---- Supplied data
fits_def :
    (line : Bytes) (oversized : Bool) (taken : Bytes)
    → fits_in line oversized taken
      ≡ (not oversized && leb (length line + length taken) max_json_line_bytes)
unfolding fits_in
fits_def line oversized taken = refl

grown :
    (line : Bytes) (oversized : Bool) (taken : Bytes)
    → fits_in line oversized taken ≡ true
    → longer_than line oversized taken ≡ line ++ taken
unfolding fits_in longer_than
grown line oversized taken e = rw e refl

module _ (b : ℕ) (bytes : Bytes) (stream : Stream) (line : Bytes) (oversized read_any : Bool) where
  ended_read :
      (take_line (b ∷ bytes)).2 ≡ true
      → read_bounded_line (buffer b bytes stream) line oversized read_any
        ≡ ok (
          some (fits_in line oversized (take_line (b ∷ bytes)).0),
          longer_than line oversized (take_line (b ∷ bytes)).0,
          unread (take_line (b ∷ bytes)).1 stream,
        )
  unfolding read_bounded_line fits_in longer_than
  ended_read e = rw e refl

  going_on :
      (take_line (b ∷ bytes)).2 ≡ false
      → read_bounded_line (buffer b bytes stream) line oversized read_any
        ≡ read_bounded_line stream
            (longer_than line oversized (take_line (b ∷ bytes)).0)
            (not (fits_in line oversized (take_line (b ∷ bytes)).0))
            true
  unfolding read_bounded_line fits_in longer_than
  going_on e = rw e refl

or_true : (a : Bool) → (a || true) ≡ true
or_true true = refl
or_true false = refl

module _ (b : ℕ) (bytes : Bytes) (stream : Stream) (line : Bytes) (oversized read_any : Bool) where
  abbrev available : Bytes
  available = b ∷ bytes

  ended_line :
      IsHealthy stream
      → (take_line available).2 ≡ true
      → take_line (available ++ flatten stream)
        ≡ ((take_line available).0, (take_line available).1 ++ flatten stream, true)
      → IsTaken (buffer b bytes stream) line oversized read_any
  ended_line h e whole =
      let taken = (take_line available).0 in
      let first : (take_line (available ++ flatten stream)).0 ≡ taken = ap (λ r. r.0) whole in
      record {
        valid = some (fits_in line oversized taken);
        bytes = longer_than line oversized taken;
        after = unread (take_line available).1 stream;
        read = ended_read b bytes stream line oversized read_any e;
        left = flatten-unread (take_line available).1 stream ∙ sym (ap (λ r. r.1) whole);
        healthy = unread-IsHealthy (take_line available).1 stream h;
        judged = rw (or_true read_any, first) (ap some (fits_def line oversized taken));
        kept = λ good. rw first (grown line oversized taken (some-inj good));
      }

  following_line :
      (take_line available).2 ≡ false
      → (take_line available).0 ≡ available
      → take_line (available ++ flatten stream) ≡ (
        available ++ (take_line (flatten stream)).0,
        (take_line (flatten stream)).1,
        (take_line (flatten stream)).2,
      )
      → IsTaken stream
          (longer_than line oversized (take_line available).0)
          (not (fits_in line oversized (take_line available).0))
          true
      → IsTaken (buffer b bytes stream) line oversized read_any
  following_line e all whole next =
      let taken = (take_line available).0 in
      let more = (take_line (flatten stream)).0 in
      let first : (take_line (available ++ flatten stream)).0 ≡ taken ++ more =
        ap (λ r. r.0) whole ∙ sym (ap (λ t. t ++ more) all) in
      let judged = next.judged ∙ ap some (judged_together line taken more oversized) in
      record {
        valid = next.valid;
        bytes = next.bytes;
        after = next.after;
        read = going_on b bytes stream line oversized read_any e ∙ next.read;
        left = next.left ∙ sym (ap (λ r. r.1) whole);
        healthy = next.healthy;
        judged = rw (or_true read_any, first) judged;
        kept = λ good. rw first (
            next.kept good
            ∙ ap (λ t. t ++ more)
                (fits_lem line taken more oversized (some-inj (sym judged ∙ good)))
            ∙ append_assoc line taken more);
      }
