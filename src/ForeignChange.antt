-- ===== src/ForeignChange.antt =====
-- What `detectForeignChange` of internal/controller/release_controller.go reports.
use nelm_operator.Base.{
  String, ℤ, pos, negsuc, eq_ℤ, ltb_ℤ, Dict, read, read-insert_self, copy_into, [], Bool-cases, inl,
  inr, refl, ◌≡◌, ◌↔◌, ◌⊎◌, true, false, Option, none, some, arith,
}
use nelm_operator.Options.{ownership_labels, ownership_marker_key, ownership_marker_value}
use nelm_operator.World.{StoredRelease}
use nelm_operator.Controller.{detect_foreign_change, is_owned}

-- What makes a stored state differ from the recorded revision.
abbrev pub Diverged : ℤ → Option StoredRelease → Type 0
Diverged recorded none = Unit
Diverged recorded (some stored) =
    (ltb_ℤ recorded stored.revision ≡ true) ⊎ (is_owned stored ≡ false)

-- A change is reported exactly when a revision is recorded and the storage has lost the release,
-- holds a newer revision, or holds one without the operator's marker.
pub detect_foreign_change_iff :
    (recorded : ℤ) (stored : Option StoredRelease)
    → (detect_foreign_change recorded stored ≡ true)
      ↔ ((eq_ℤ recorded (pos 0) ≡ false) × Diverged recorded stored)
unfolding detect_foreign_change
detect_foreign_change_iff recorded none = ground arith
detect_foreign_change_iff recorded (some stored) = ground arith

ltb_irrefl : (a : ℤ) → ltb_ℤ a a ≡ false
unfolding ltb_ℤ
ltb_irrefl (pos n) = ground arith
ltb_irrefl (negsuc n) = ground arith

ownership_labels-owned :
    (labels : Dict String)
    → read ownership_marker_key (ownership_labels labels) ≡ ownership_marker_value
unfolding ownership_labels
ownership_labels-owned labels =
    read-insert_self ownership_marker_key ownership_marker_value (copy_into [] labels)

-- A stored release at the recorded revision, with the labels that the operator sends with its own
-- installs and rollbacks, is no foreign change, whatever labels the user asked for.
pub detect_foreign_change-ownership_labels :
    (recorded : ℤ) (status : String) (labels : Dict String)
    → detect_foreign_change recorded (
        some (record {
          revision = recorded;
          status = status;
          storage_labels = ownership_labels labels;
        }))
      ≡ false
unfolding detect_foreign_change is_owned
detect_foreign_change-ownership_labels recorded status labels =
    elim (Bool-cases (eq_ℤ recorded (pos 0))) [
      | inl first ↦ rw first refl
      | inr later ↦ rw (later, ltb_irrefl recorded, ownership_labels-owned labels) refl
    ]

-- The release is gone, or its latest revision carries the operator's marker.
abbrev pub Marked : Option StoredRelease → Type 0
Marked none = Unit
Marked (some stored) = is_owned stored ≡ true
--------
▸ **What this task involves**:
Return the entries above word for word.

▸ **Response box**:
fits_def :
    (line : Bytes) (oversized : Bool) (taken : Bytes)
    → fits_in line oversized taken
      ≡ (not oversized && leb (length line + length taken) max_json_line_bytes)
unfolding fits_in
fits_def line oversized taken = refl

grown :
    (line : Bytes) (oversized : Bool) (taken : Bytes)
    → fits_in line oversized taken ≡ true
    → longer_than line oversized taken ≡ line ++ taken
unfolding fits_in longer_than
grown line oversized taken e = rw e refl

module _ (b : ℕ) (bytes : Bytes) (stream : Stream) (line : Bytes) (oversized read_any : Bool) where
  ended_read :
      (take_line (b ∷ bytes)).2 ≡ true
      → read_bounded_line (buffer b bytes stream) line oversized read_any
        ≡ ok (
          some (fits_in line oversized (take_line (b ∷ bytes)).0),
          longer_than line oversized (take_line (b ∷ bytes)).0,
          unread (take_line (b ∷ bytes)).1 stream,
        )
  unfolding read_bounded_line fits_in longer_than
  ended_read e = rw e refl

  going_on :
      (take_line (b ∷ bytes)).2 ≡ false
      → read_bounded_line (buffer b bytes stream) line oversized read_any
        ≡ read_bounded_line stream
            (longer_than line oversized (take_line (b ∷ bytes)).0)
            (not (fits_in line oversized (take_line (b ∷ bytes)).0))
            true
  unfolding read_bounded_line fits_in longer_than
  going_on e = rw e refl

or_true : (a : Bool) → (a || true) ≡ true
or_true true = refl
or_true false = refl

module _ (b : ℕ) (bytes : Bytes) (stream : Stream) (line : Bytes) (oversized read_any : Bool) where
  abbrev available : Bytes
  available = b ∷ bytes

  ended_line :
      IsHealthy stream
      → (take_line available).2 ≡ true
      → take_line (available ++ flatten stream)
        ≡ ((take_line available).0, (take_line available).1 ++ flatten stream, true)
      → IsTaken (buffer b bytes stream) line oversized read_any
  ended_line h e whole =
      let taken = (take_line available).0 in
      let first : (take_line (available ++ flatten stream)).0 ≡ taken = ap (λ r. r.0) whole in
      record {
        valid = some (fits_in line oversized taken);
        bytes = longer_than line oversized taken;
        after = unread (take_line available).1 stream;
        read = ended_read b bytes stream line oversized read_any e;
        left = flatten-unread (take_line available).1 stream ∙ sym (ap (λ r. r.1) whole);
        healthy = unread-IsHealthy (take_line available).1 stream h;
        judged = rw (or_true read_any, first) (ap some (fits_def line oversized taken));
        kept = λ good. rw first (grown line oversized taken (some-inj good));
      }

  following_line :
      (take_line available).2 ≡ false
      → (take_line available).0 ≡ available
      → take_line (available ++ flatten stream) ≡ (
        available ++ (take_line (flatten stream)).0,
        (take_line (flatten stream)).1,
        (take_line (flatten stream)).2,
      )
      → IsTaken stream
          (longer_than line oversized (take_line available).0)
          (not (fits_in line oversized (take_line available).0))
          true
      → IsTaken (buffer b bytes stream) line oversized read_any
  following_line e all whole next =
      let taken = (take_line available).0 in
      let more = (take_line (flatten stream)).0 in
      let first : (take_line (available ++ flatten stream)).0 ≡ taken ++ more =
        ap (λ r. r.0) whole ∙ sym (ap (λ t. t ++ more) all) in
      let judged = next.judged ∙ ap some (judged_together line taken more oversized) in
      record {
        valid = next.valid;
        bytes = next.bytes;
        after = next.after;
        read = going_on b bytes stream line oversized read_any e ∙ next.read;
        left = next.left ∙ sym (ap (λ r. r.1) whole);
        healthy = next.healthy;
        judged = rw (or_true read_any, first) judged;
        kept = λ good. rw first (
            next.kept good
            ∙ ap (λ t. t ++ more)
                (fits_lem line taken more oversized (some-inj (sym judged ∙ good)))
            ∙ append_assoc line taken more);
      }
filename src/ForeignChange.antt
-- ===== src/ForeignChange.antt =====
-- What `detectForeignChange` of internal/controller/release_controller.go reports.
use nelm_operator.Base.{
  String, ℤ, pos, negsuc, eq_ℤ, ltb_ℤ, Dict, read, read-insert_self, copy_into, [], Bool-cases, inl,
  inr, refl, ◌≡◌, ◌↔◌, ◌⊎◌, true, false, Option, none, some, arith,
}
use nelm_operator.Options.{ownership_labels, ownership_marker_key, ownership_marker_value}
use nelm_operator.World.{StoredRelease}
use nelm_operator.Controller.{detect_foreign_change, is_owned}

-- What makes a stored state differ from the recorded revision.
abbrev pub Diverged : ℤ → Option StoredRelease → Type 0
Diverged recorded none = Unit
Diverged recorded (some stored) =
    (ltb_ℤ recorded stored.revision ≡ true) ⊎ (is_owned stored ≡ false)

-- A change is reported exactly when a revision is recorded and the storage has lost the release,
-- holds a newer revision, or holds one without the operator's marker.
pub detect_foreign_change_iff :
    (recorded : ℤ) (stored : Option StoredRelease)
    → (detect_foreign_change recorded stored ≡ true)
      ↔ ((eq_ℤ recorded (pos 0) ≡ false) × Diverged recorded stored)
unfolding detect_foreign_change
detect_foreign_change_iff recorded none = ground arith
detect_foreign_change_iff recorded (some stored) = ground arith

ltb_irrefl : (a : ℤ) → ltb_ℤ a a ≡ false
unfolding ltb_ℤ
ltb_irrefl (pos n) = ground arith
ltb_irrefl (negsuc n) = ground arith

ownership_labels-owned :
    (labels : Dict String)
    → read ownership_marker_key (ownership_labels labels) ≡ ownership_marker_value
unfolding ownership_labels
ownership_labels-owned labels =
    read-insert_self ownership_marker_key ownership_marker_value (copy_into [] labels)

-- A stored release at the recorded revision, with the labels that the operator sends with its own
-- installs and rollbacks, is no foreign change, whatever labels the user asked for.
pub detect_foreign_change-ownership_labels :
    (recorded : ℤ) (status : String) (labels : Dict String)
    → detect_foreign_change recorded (
        some (record {
          revision = recorded;
          status = status;
          storage_labels = ownership_labels labels;
        }))
      ≡ false
unfolding detect_foreign_change is_owned
detect_foreign_change-ownership_labels recorded status labels =
    elim (Bool-cases (eq_ℤ recorded (pos 0))) [
      | inl first ↦ rw first refl
      | inr later ↦ rw (later, ltb_irrefl recorded, ownership_labels-owned labels) refl
    ]

-- The release is gone, or its latest revision carries the operator's marker.
abbrev pub Marked : Option StoredRelease → Type 0
Marked none = Unit
Marked (some stored) = is_owned stored ≡ true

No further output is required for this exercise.